■ **TASK**
Pick every line from the data that holds the word "Text".

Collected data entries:

....................

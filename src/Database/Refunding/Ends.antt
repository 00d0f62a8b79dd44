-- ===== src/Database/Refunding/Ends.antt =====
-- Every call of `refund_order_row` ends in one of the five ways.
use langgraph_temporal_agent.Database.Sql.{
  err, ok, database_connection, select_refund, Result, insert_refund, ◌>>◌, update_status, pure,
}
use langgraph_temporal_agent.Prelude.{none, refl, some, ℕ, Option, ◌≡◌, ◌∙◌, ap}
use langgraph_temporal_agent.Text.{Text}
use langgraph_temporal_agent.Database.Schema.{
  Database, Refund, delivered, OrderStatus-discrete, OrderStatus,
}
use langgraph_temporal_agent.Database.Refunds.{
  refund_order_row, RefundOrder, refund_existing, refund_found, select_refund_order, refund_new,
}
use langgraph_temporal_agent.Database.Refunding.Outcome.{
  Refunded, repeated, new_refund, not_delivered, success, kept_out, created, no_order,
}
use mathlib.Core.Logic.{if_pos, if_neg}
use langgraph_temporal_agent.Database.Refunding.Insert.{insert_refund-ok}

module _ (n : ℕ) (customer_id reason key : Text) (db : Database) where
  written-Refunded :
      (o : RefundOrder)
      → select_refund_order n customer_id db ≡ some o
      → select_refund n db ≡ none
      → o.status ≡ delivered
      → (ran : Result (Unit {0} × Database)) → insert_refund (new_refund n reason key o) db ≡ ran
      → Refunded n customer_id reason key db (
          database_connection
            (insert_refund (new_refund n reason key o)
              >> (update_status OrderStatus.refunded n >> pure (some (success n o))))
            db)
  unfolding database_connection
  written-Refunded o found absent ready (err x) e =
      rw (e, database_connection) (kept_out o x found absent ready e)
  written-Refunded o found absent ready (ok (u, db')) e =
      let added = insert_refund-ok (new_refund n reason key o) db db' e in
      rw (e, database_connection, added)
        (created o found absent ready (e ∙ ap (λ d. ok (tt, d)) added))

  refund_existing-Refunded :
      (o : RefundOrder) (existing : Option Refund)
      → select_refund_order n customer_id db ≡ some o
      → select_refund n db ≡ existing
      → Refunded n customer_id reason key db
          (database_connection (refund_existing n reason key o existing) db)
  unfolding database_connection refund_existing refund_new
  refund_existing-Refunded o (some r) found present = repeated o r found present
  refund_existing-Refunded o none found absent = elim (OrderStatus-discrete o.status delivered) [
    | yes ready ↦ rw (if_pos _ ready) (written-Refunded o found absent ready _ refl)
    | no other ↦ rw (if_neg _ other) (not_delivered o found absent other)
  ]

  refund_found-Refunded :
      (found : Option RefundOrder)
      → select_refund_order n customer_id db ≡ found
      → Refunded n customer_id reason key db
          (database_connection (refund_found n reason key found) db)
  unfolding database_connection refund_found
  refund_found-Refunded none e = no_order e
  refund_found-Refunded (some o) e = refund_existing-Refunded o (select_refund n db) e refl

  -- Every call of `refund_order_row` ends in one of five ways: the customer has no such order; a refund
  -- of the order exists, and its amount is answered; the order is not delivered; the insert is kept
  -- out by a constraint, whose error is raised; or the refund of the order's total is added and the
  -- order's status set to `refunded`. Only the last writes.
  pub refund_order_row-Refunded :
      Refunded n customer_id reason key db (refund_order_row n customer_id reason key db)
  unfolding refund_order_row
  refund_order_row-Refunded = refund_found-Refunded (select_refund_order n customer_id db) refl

....................

■ **THE COMPLETED TASK**
use langgraph_temporal_agent.Text.{Text}
module _ (n : ℕ) (customer_id reason key : Text) (db : Database) where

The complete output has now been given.